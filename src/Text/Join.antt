-- ===== src/Text/Join.antt =====
-- Splitting what `join` has joined.
use pg_analytics.Prelude.{ℕ, ◌≡◌, refl, ◌≢◌, List, [], ◌∷◌, ◌++◌, arith, All, map, append_assoc, ap}
use pg_analytics.Text.{Text, split, join, trim, is_whitespace}

-- No character of the text is the separator.
abbrev pub Lacks : ℕ → Text → Type 0
Lacks sep = All (λ c. c ≢ sep)

Lacks-append : (sep : ℕ) (p q : Text) → Lacks sep p → Lacks sep q → Lacks sep (p ++ q)
Lacks-append sep [] q hp hq = hq
Lacks-append sep (c ∷ p) q (hc, hp) hq = (hc, Lacks-append sep p q hp hq)

join_one : (sep x : Text) → join sep (x ∷ []) ≡ x
unfolding join
join_one sep x = refl

join_cons :
    (sep x y : Text) (rest : List Text)
    → join sep (x ∷ y ∷ rest) ≡ x ++ (sep ++ join sep (y ∷ rest))
unfolding join
join_cons sep x y rest = refl

module _ (sep : ℕ) where
  pub split-Lacks : (p : Text) → Lacks sep p → split sep p ≡ p ∷ []
  unfolding split
  split-Lacks [] h = refl
  split-Lacks (c ∷ p) h = ground (arith, split-Lacks p)

  -- The first part of a split ends at the first separator.
  pub split-append :
      (p rest : Text) → Lacks sep p → split sep (p ++ (sep ∷ rest)) ≡ p ∷ split sep rest
  unfolding split
  split-append [] rest h = ground arith
  split-append (c ∷ p) rest h = ground (arith, split-append p rest)

  append-join :
      (filler p : Text) (ps : List Text)
      → filler ++ join (sep ∷ filler) (p ∷ ps) ≡ join (sep ∷ filler) ((filler ++ p) ∷ ps)
  unfolding join
  append-join filler p [] = refl
  append-join filler p (q ∷ ps) = rw append_assoc

  -- Splitting texts that were joined by the separator and a filler gives them back, each but the
  -- first behind the filler.
  pub split-join :
      (filler p : Text) (ps : List Text)
      → Lacks sep filler
      → All (Lacks sep) (p ∷ ps)
      → split sep (join (sep ∷ filler) (p ∷ ps)) ≡ p ∷ map (λ q. filler ++ q) ps
  split-join filler p [] hf (hp, hs) = rw join_one (split-Lacks p hp)
  split-join filler p (q ∷ ps) hf (hp, (hq, hs)) =
      let rest = split-join filler (filler ++ q) ps hf (Lacks-append sep filler q hf hq, hs) in
      rw join_cons (
        rw (split-append p (filler ++ join (sep ∷ filler) (q ∷ ps)) hp)
          (rw (append-join filler q ps) (ap (λ r. p ∷ r) rest)))

-- Leading and trailing white space: what `trim` leaves alone.
abbrev pub IsTrimmed : Text → Type 0
IsTrimmed p = trim p ≡ p

pub trim_space : (p : Text) → IsTrimmed p → trim (32 ∷ p) ≡ p
unfolding trim is_whitespace
trim_space p h = h
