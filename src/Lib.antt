-- ===== src/Lib.antt =====
-- email-to-telegram takes mail over HTTP from a forwarding worker and delivers it to Telegram chats.
-- An alias (`email_addresses`) names a chat, an optional topic and an owner. Mail for an alias passes
-- the allow rules and the owner's quota, is written as a delivery log, and is sent; a worker retries
-- what failed. Chats move: an owner moves an alias, and Telegram gives a group another id when it
-- becomes a supergroup.
--
-- The tables are one record of lists (Store.Rows: src/db/schema/), in which a row keeps the columns
-- that the code below reads or writes. A transaction of the source is one step, a function from the
-- tables to the tables; the advisory locks that it takes are the reason that it is one. An `update ...
-- where` is `update_where`, an `insert ... on conflict` is `upsert` or `insert_new` (Base.Tables). Ids,
-- times in milliseconds and byte counts are natural numbers; a chat's id is an integer. UUIDs are
-- numbers, and where the code draws one it is an argument.
--
--   Base       Boolean tests, lists, tables, texts, chat ids.
--   Store      src/db/repos/: Users (users.ts, aliases.ts, allowRules.ts, inboundDomains.ts), Usage
--              (usage.ts, storageUsage.ts), Logs (deliveryLogs.ts, deliveryAttempts.ts and
--              src/email/dedup.ts), Routing (aliasRouting.ts).
--   Billing    Plans (src/billing/plans.ts), Limits (src/billing/limits.ts), Webhooks and Events
--              (src/billing/webhooks.ts: the data and its tests, and the handlers), Manual
--              (src/billing/manual.ts with src/db/repos/manualBillingEvents.ts), Notices
--              (src/billing/quotaNotifier.ts with src/db/repos/quotaNotifications.ts).
--   Email      AllowRules (src/email/allowRuleEvaluator.ts), Inbound (src/email/inboundRouting.ts and
--              src/email/pipeline/types.ts), Queue (src/email/pipeline/queue.ts), Outcome
--              (src/email/deliveryRoute.ts, src/billing/usageRefund.ts), Deliver
--              (src/email/pipeline/deliver.ts), Retry (`retryDelivery` of src/email/retry.ts), Worker
--              (its `runRetryWorker`), Runner (its `createRetryRunner`).
--   Telegram   Errors (src/telegram/errorClassifier.ts), ChatMigration
--              (src/telegram/chatMigration.ts with src/db/repos/chats.ts), Sender
--              (src/telegram/sender.ts), Session (src/telegram/session.ts), OrphanProbe
--              (src/telegram/orphanProbe.ts and orphanRecovery.ts) on Cache, MoveTarget
--              (src/telegram/moveTarget.ts), Authorization
--              (src/telegram/authorization.ts).
--   Activation Slots and NoticeQueue (src/activation/noticeQueue.ts with src/activation/bounds.ts).
--   Utils      RateLimit, InFlight and RetryAsync (src/utils/rateLimit.ts, inFlight.ts, retryAsync.ts).
--   Examples   Concrete tables and answers, on which the theorems are applied.
--
-- `queue_inbound_email` is `queueInboundEmail`: it finds the alias, evaluates the allow rules and runs
-- `queue_transaction`, which checks the quota (`check_inbound_limit_for_plan`), duplicates
-- (`is_duplicate`) and the hourly rate, and then inserts the log and charges the owner.
-- `deliver_queued_email` is `deliverQueuedEmail`, whose world also says what other transactions do
-- between its looks at the alias. `retry_delivery` is `retryDelivery`: it reads the route, sends,
-- writes the attempt with the status that the error's class gives it (`retry_disposition_for_error`),
-- refunds the owner where it closes the delivery, and repairs the routes where Telegram says that the
-- chat migrated. `run_retry_worker` claims the deliveries that need a retry and runs it on each.
-- `process_stripe_webhook_event` is `processStripeWebhookEvent`, from the decoded event on and where no
-- statement throws; `run_webhook` is it with a statement that may, which rolls it back; and
-- `grant_manual_user_plan` is `grantManualUserPlan`, which writes to the same tables.
-- `send_telegram_message` and `send_telegram_photos` are the sends whose results the deliveries get.
--
-- The classes that keep their state in memory (the rate limiter, the tracker of running work, the slots
-- and the queue of notices, the sessions, the cache of reachable chats) are values with a function per method. What calls them, in
-- whatever order, is a list of events with the clock's readings, or a relation `Reaches` whose
-- constructors are the calls.
--
-- Code outside the repository is an argument. `toLowerCase` and `trim` are the fields of `TextOps`;
-- what mailparser and mailauth return is in `Env`, and what Telegram answers during an attempt is in
-- `RetryWorld`. Nothing is assumed of them but, for the allow rules, that normalising a normalised
-- text changes nothing. The length of a text in a grant and the regular expression of
-- `isDestinationOrAuthFailure` are functions that are passed in. `includes` is the library's search in a string.
--
-- The loops are over lists, but for the groups of photos, whose fuel is the number of photos: every
-- group takes one or more. Numbers do not overflow: the source uses bigint
-- or counts far below 2^53, and its database checks.
--
-- Not modelled: rendering, storage and its encryption, the Telegram menus, the HTTP handlers, the
-- checkout, the recovery of pending files, metrics and logs. A statement
-- of the database that fails is modelled for the write after the first send (`persisted`), for an
-- attempt of the worker that throws before it writes (`throws`) and for the transaction of an event of
-- Stripe (`throws`); any other step of the model is a transaction that went through. `lock_order` is
-- the list of users to lock; the advisory locks are not modelled. A log's time of receipt, in the
-- source the default `now()` of its column, is the clock that the checks of its transaction read.
pub mod Activation
pub mod Base
pub mod Billing
pub mod Email
pub mod Examples
pub mod Store
pub mod Telegram
pub mod Utils
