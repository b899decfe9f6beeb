-- ===== src/Activation.antt =====
-- src/activation: the bounded queue of the notices to an alias' owner.
pub mod Slots
pub mod NoticeQueue
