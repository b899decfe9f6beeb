-- ===== src/Base/Lists.antt =====
-- Lists measured by native numbers and filtered by Boolean tests, as the source's arrays are.
use Prim.Native.Nat.{ℕ, zero, suc, ◌+◌, ◌-◌, ◌≤◌}
use mathlib.Core.Path.{◌≡◌, refl, ap}
use mathlib.Core.Bool.{Bool, true, false, not, ◌&&◌, ◌||◌}
use mathlib.Core.List.{List, [], ◌∷◌, ◌++◌, Memᴰ}
use mathlib.Core.Option.{Option, none, some}
use native.Mathlib.Omega.{arith}
use mathlib.Core.Logic.{inl, inr}
use email_to_telegram.Base.Tests.{if◌then◌else◌, Bool-cases}

module _ {ℓ} {A : Type ℓ} where
  abbrev pub length : List A → ℕ
  length [] = 0
  length (x ∷ xs) = suc (length xs)

  abbrev pub any : (A → Bool) → List A → Bool
  any p [] = false
  any p (x ∷ xs) = p x || any p xs

  abbrev pub all : (A → Bool) → List A → Bool
  all p [] = true
  all p (x ∷ xs) = p x && all p xs

  abbrev pub filter : (A → Bool) → List A → List A
  filter p [] = []
  filter p (x ∷ xs) = let rest = filter p xs in if p x then x ∷ rest else rest

  -- The first element that passes the test.
  abbrev pub find? : (A → Bool) → List A → Option A
  find? p [] = none
  find? p (x ∷ xs) = let rest = find? p xs in if p x then some x else rest

  -- How many elements pass the test, as `count(*)` under a `where`.
  abbrev pub count : (A → Bool) → List A → ℕ
  count p [] = 0
  count p (x ∷ xs) = let rest = count p xs in if p x then suc rest else rest

  abbrev pub take : ℕ → List A → List A
  take zero xs = []
  take (suc n) [] = []
  take (suc n) (x ∷ xs) = x ∷ take n xs

  abbrev pub drop : ℕ → List A → List A
  drop zero xs = xs
  drop (suc n) [] = []
  drop (suc n) (x ∷ xs) = drop n xs

  -- `update ... set ... where`
  abbrev pub update_where : (A → Bool) → (A → A) → List A → List A
  update_where p f [] = []
  update_where p f (x ∷ xs) = let rest = update_where p f xs in (if p x then f x else x) ∷ rest

module _ {ℓ} {A : Type ℓ} where
  pub length-append : (xs ys : List A) → length (xs ++ ys) ≡ length xs + length ys
  length-append [] ys = omega arith
  length-append (x ∷ xs) ys = omega (arith, length-append xs ys)

  pub length-filter-le : (p : A → Bool) (xs : List A) → length (filter p xs) ≤ length xs
  length-filter-le p [] = omega arith
  length-filter-le p (x ∷ xs) = ground (arith, length-filter-le p xs)

  pub length-filter : (p : A → Bool) (xs : List A) → length (filter p xs) ≡ count p xs
  length-filter p [] = refl
  length-filter p (x ∷ xs) = ground (arith, length-filter p xs)

  pub length-update_where :
      (p : A → Bool) (f : A → A) (xs : List A) → length (update_where p f xs) ≡ length xs
  length-update_where p f [] = refl
  length-update_where p f (x ∷ xs) = ap suc (length-update_where p f xs)

  pub count-append : (p : A → Bool) (xs ys : List A) → count p (xs ++ ys) ≡ count p xs + count p ys
  count-append p [] ys = omega arith
  count-append p (x ∷ xs) ys = ground (arith, count-append p xs ys)

  pub count-take-drop :
      (p : A → Bool) (n : ℕ) (xs : List A) → count p (take n xs) + count p (drop n xs) ≡ count p xs
  count-take-drop p zero xs = omega arith
  count-take-drop p (suc n) [] = refl
  count-take-drop p (suc n) (x ∷ xs) = ground (arith, count-take-drop p n xs)

  pub length-drop : (n : ℕ) (xs : List A) → length (drop n xs) ≡ length xs - n
  length-drop zero xs = omega arith
  length-drop (suc n) [] = omega arith
  length-drop (suc n) (x ∷ xs) = omega (arith, length-drop n xs)

  pub length-take-le : (n : ℕ) (xs : List A) → length (take n xs) ≤ n
  length-take-le zero xs = omega arith
  length-take-le (suc n) [] = omega arith
  length-take-le (suc n) (x ∷ xs) = omega (arith, length-take-le n xs)

  pub any-witness :
      (p : A → Bool) (xs : List A) → any p xs ≡ true → (x : A) × Memᴰ x xs × (p x ≡ true)
  any-witness p [] h = cc
  any-witness p (x ∷ xs) h = elim (Bool-cases (p x)) [
    | inl e ↦ (x, Memᴰ.head refl, e)
    | inr e ↦ let (y, m, q) = any-witness p xs (rw e at h) in (y, Memᴰ.tail m, q)
  ]

  pub any_of_mem : (p : A → Bool) {x : A} {xs : List A} → Memᴰ x xs → p x ≡ true → any p xs ≡ true
  any_of_mem p (Memᴰ.head e) h = rw (← e, h)
  any_of_mem p (Memᴰ.tail m) h = ground (arith, any_of_mem p m h)

  pub find?-passes : (p : A → Bool) (xs : List A) {x : A} → find? p xs ≡ some x → p x ≡ true
  find?-passes p [] h = cc
  find?-passes p (y ∷ xs) {x} h = elim (Bool-cases (p y)) [
    | inl e ↦ let same : y ≡ x = ground arith in rw same at e
    | inr e ↦ find?-passes p xs (rw e at h)
  ]

  pub filter-filter :
      (p q : A → Bool)
      → ((x : A) → q x ≡ true → p x ≡ true)
      → (xs : List A) → filter q (filter p xs) ≡ filter q xs
  filter-filter p q imp [] = refl
  filter-filter p q imp (x ∷ xs) = elim (Bool-cases (q x)) [
    | inl e ↦ rw (e, imp x e, e) (ap (λ ys. x ∷ ys) (filter-filter p q imp xs))
    | inr e ↦ elim (Bool-cases (p x)) [
      | inl h ↦ rw (e, h, e) (filter-filter p q imp xs)
      | inr h ↦ rw (e, h) (filter-filter p q imp xs)
    ]
  ]

  pub filter-append_lem :
      (p : A → Bool) (xs ys : List A) → filter p (xs ++ ys) ≡ filter p xs ++ filter p ys
  filter-append_lem p [] ys = refl
  filter-append_lem p (x ∷ xs) ys = elim (Bool-cases (p x)) [
    | inl e ↦ rw e (ap (λ zs. x ∷ zs) (filter-append_lem p xs ys))
    | inr e ↦ rw e (filter-append_lem p xs ys)
  ]

  pub filter-none :
      (p q : A → Bool)
      → ((x : A) → p x ≡ true → q x ≡ true)
      → (xs : List A) → all (λ x. not (q x)) xs ≡ true
      → filter p xs ≡ []
  filter-none p q imp [] h = refl
  filter-none p q imp (x ∷ xs) h = elim (Bool-cases (p x)) [
    | inl e ↦ let hit = imp x e in absurd (ground (arith, hit, h))
    | inr e ↦ rw e (filter-none p q imp xs (ground (arith, h)))
  ]
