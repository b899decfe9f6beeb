-- ===== src/Base/Texts.antt =====
-- What the source uses of JavaScript's strings. `toLowerCase` and `trim` follow the Unicode tables
-- of the runtime: they are the fields of a parameter, about which nothing is assumed.
use Prim.Native.String.{String}
use mathlib.Core.Bool.{Bool, not}
use mathlib.Core.Option.{Option, none, some}
use text.Mathlib.Text.{find?}
use email_to_telegram.Base.Tests.{is_some, str_eq}
use mathlib.Core.Bool.{true, false}

pub record TextOps : Type 0 where
  pub to_lower : String → String
  pub trim : String → String

-- `s.includes(t)`
abbrev pub includes : String → String → Bool
includes s t = is_some (find? s t)

-- Whether a text, or null, is truthy: neither null nor "".
abbrev pub is_truthy : Option String → Bool
is_truthy none = false
is_truthy (some s) = not (str_eq s "")

-- `a === b` of two texts, either of which may be null.
abbrev pub opt_str_eq : Option String → Option String → Bool
opt_str_eq none none = true
opt_str_eq none (some t) = false
opt_str_eq (some s) none = false
opt_str_eq (some s) (some t) = str_eq s t

-- `o === s` where `o` may be null.
abbrev pub is_text : Option String → String → Bool
is_text none t = false
is_text (some s) t = str_eq s t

# # #

**YOUR INSTRUCTIONS:**
The lines to return are those in the material above that hold "NoticeQueue".

**OUTPUT FOR THIS EXERCISE:**
--   Activation Slots and NoticeQueue (src/activation/noticeQueue.ts with src/activation/bounds.ts).
pub mod NoticeQueue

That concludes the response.